Elsewhere in the Dining World
For readers tracking the broader American Chinese revival and its counterparts internationally, the contrast with more formal Chinese dining is instructive. 8½ Otto e Mezzo Bombana in Hong Kong represents the opposite end of the formality spectrum, while within the United States, creative American restaurants like Lazy Bear in San Francisco and Alinea in Chicago show what happens when American dining formats are pushed toward their conceptual limits. The maximalist, playful approach Double Luck takes sits closer to that spirit of creative reinterpretation than to the reverent preservation ethos you find at The French Laundry in Napa or the precision dining of Atomix in New York City.
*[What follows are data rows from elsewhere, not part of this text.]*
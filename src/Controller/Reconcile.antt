-- ===== src/Controller/Reconcile.antt =====
-- `Reconcile` of internal/controller/service_controller.go, ingressroute_controller.go,
-- ingressroutetcp_controller.go and endpointtemplate_controller.go: from one object of the cluster to its entry in the registry. What the
-- API server answers is an argument, and so is whether a label selector matches; a selector that is
-- nil or empty is `none`.
pub mod Contribution
pub mod Sets
pub mod Entrypoints
use gatus_sidecar.Prelude.{
  ℕ, String, Bool, true, false, not, ◌&&◌, Option, none, some, List, [], ◌∷◌, ◌++◌, ◌==◌, nat_eq,
  string_eq, if◌then◌else◌,
}
use gatus_sidecar.Prelude.Assoc
use gatus_sidecar.Prelude.Assoc.{Assoc}
use gatus_sidecar.Prelude.Text.{cut}
use gatus_sidecar.Config.Endpoint.{Endpoint}
use gatus_sidecar.Discovery.Annotations.{Annotations, annotation, or_empty_string}
use gatus_sidecar.Discovery.Entrypoints.{TraefikService, EntrypointPorts}
use gatus_sidecar.Discovery.IngressRoute.{Route, Outside}
use gatus_sidecar.Discovery.IngressRoute.Derive.{Resolver, from_ingress_route}
use gatus_sidecar.Discovery.IngressRouteTcp.{from_ingress_route_tcp}
use gatus_sidecar.Discovery.Service.{
  Options, Service, NamedPort, Found, found, failed, from_service,
}
use gatus_sidecar.Discovery.Specs.{Decoder}
use gatus_sidecar.Registry.{Registry, Outcome, set, delete, touch}
use gatus_sidecar.Registry.Order.{Key}

-- The answer of `Get`.
pub data Fetched {ℓ} (A : Type ℓ) : Type ℓ where
  there : A → Fetched A
  not_found : Fetched A
  get_failed : Fetched A

pub record Namespace : Type 0 where
  pub annotations : Annotations
  pub labels : Assoc String String

-- Whether `Reconcile` returns an error, for a later retry, or has called the registry.
pub data Reconciled : Type 0 where
  retried : Reconciled
  called : Outcome Bool → Reconciled

abbrev pub Selector : Type 0
Selector = Option (Assoc String String → Bool)

unfoldable pub namespace_selected : Selector → Option Namespace → Bool
namespace_selected none ns = true
namespace_selected (some matches) none = false
namespace_selected (some matches) (some ns) = matches ns.labels

unfoldable pub group_of : Option Namespace → String
group_of none = ""
group_of (some ns) = or_empty_string (annotation ns.annotations "group")

-- The part that the three share, for the object and its namespace: `next` continues with the group.
in_namespace : Selector → Registry → Key → (String → Reconciled) → Option Namespace → Reconciled
unfolding namespace_selected group_of
in_namespace selector r key next ns =
    if not (namespace_selected selector ns) then called (delete r key) else next (group_of ns)

-- The method `namespace`: a namespace that is not found is nil.
with_namespace : Selector → Registry → Key → (String → Reconciled) → Fetched Namespace → Reconciled
unfolding in_namespace
with_namespace selector r key next get_failed = retried
with_namespace selector r key next not_found = in_namespace selector r key next none
with_namespace selector r key next (there ns) = in_namespace selector r key next (some ns)

with_object {ℓ} :
    {A : Type ℓ}
    → Selector
    → Registry
    → Key
    → Fetched Namespace
    → (A → String → Reconciled)
    → Fetched A
    → Reconciled
unfolding with_namespace
with_object selector r key ns next get_failed = retried
with_object selector r key ns next not_found = called (delete r key)
with_object selector r key ns next (there a) = with_namespace selector r key (next a) ns

set_found : Registry → Key → Found (List Endpoint) → Reconciled
set_found r key (failed e) = called (delete r key)
set_found r key (found eps) = called (set r key eps)

unfoldable pub reconcile_service :
    (String → String → Bool)
    → Decoder
    → Options
    → Selector
    → Registry
    → String
    → String
    → Fetched Service
    → Fetched Namespace
    → Reconciled
unfolding with_object set_found
reconcile_service path_match d o selector r namespace name svc ns =
    let key : Key = record { kind = "Service"; namespace = namespace; name = name } in
    with_object selector r key ns (λ s group. set_found r key (from_service path_match d o s group))
      svc

unfoldable pub reconcile_ingress_route :
    Outside
    → Decoder
    → Options
    → Resolver
    → Selector
    → Registry
    → String
    → String
    → Fetched Route
    → Fetched Namespace
    → Reconciled
unfolding with_object
reconcile_ingress_route out d o resolve selector r namespace name route ns =
    let key : Key = record { kind = "IngressRoute"; namespace = namespace; name = name } in
    with_object selector r key ns
      (λ a group. called (set r key (from_ingress_route out d o a group resolve).endpoints)) route

set_tcp : Registry → Key → (EntrypointPorts → List Endpoint) → Option EntrypointPorts → Reconciled
set_tcp r key derive none = retried
set_tcp r key derive (some ports) = called (set r key (derive ports))

unfoldable pub reconcile_ingress_route_tcp :
    Outside
    → Decoder
    → Options
    → Resolver
    → Option EntrypointPorts
    → Selector
    → Registry
    → String
    → String
    → Fetched Route
    → Fetched Namespace
    → Reconciled
unfolding with_object set_tcp
reconcile_ingress_route_tcp out d o resolve ports selector r namespace name route ns =
    let key : Key = record { kind = "IngressRouteTCP"; namespace = namespace; name = name } in
    with_object selector r key ns
      (λ a group.
        set_tcp r key (λ p. (from_ingress_route_tcp out d o a group resolve p).endpoints) ports)
      route

-- A port of a Service with its node port, and the Service as `traefikService` reads it.
pub record ServicePort : Type 0 where
  pub name : String
  pub port : ℕ
  pub node_port : ℕ

unfoldable pub published_ports : Bool → List ServicePort → Assoc String ℕ → Assoc String ℕ
published_ports is_node_port [] out = out
published_ports is_node_port (p ∷ ports) out = published_ports is_node_port ports (
    if p.name == ""
    then out
    else Assoc.put p.name (if is_node_port && not (p.node_port == 0) then p.node_port else p.port)
        out)

unfoldable pub traefik_service : String → String → Bool → List ServicePort → TraefikService
unfolding published_ports
traefik_service namespace name is_node_port ports = record {
  namespace = namespace;
  name = name;
  ports = published_ports is_node_port ports [];
}

add_configured : TraefikService → Option (List TraefikService) → Option (List TraefikService)
add_configured s none = none
add_configured s (some services) = some (s ∷ services)

configured_one :
    Fetched TraefikService → Option (List TraefikService) → Option (List TraefikService)
unfolding add_configured
configured_one get_failed rest = none
configured_one not_found rest = rest
configured_one (there s) rest = add_configured s rest

by_ref :
    (String → String → Fetched TraefikService)
    → Option (String × String)
    → Option (List TraefikService)
    → Option (List TraefikService)
unfolding configured_one
by_ref get none rest = none
by_ref get (some (namespace, name)) rest = configured_one (get namespace name) rest

configured : (String → String → Fetched TraefikService) → List String → Option (List TraefikService)
unfolding by_ref
configured get [] = some []
configured get (ref ∷ refs) = by_ref get (cut ref "/") (configured get refs)

with_overrides : Assoc String ℕ → Option (List TraefikService) → Option EntrypointPorts
with_overrides overrides none = none
with_overrides overrides (some services) =
    some (record { overrides = overrides; services = services })

-- `entrypointPorts`, for the configured references, or, where there are none, what `List` answers.
unfoldable pub entrypoint_ports :
    Assoc String ℕ
    → (String → String → Fetched TraefikService)
    → List String
    → Option (List TraefikService)
    → Option EntrypointPorts
unfolding configured with_overrides
entrypoint_ports overrides get [] labelled = with_overrides overrides labelled
entrypoint_ports overrides get (ref ∷ refs) labelled =
    with_overrides overrides (configured get (ref ∷ refs))

-- `Reconcile` of endpointtemplate_controller.go
unfoldable pub reconcile_template : Registry → Registry
unfolding touch
reconcile_template r = touch r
That range is worth holding in mind: Double Luck is making an argument about American food culture through a Chinese-American lens, and that argument is most legible when you know what it's in conversation with.
Cost and Credentials
Comparable options at a glance, pulled from our tracked venues.
| Venue | Price | Awards | Notes |
|---|---|---|---|
| Double Luck Chinese | Resy Best of the Hit List (2025); Double Luck Chinese is a high-energy Chinese r… | This venue | |
| Ariete | $$$$ | Michelin 1 Star | Modern American, Contemporary, $$$$ |
| Boia De | $$$ | Michelin 1 Star | Italian, Contemporary, $$$ |
| Cote Miami | $$$ | Michelin 1 Star | Korean Steakhouse, Korean, $$$ |
| Stubborn Seed | $$$$ | Michelin 1 Star | Progressive American, Contemporary, $$$$ |
| Los Fuegos by Francis Mallmann | $$$$ | Argentinian, $$$$ |
At a Glance
- Lively
- Trendy
- Energetic
- Intimate
- Date Night
- Group Dining
- Celebration
- Open Kitchen
- Craft Cocktails
- Sake Program
Dark walls with red color scheme, neon glow, mood lighting, and lively music creating an intimate yet energetic speakeasy vibe.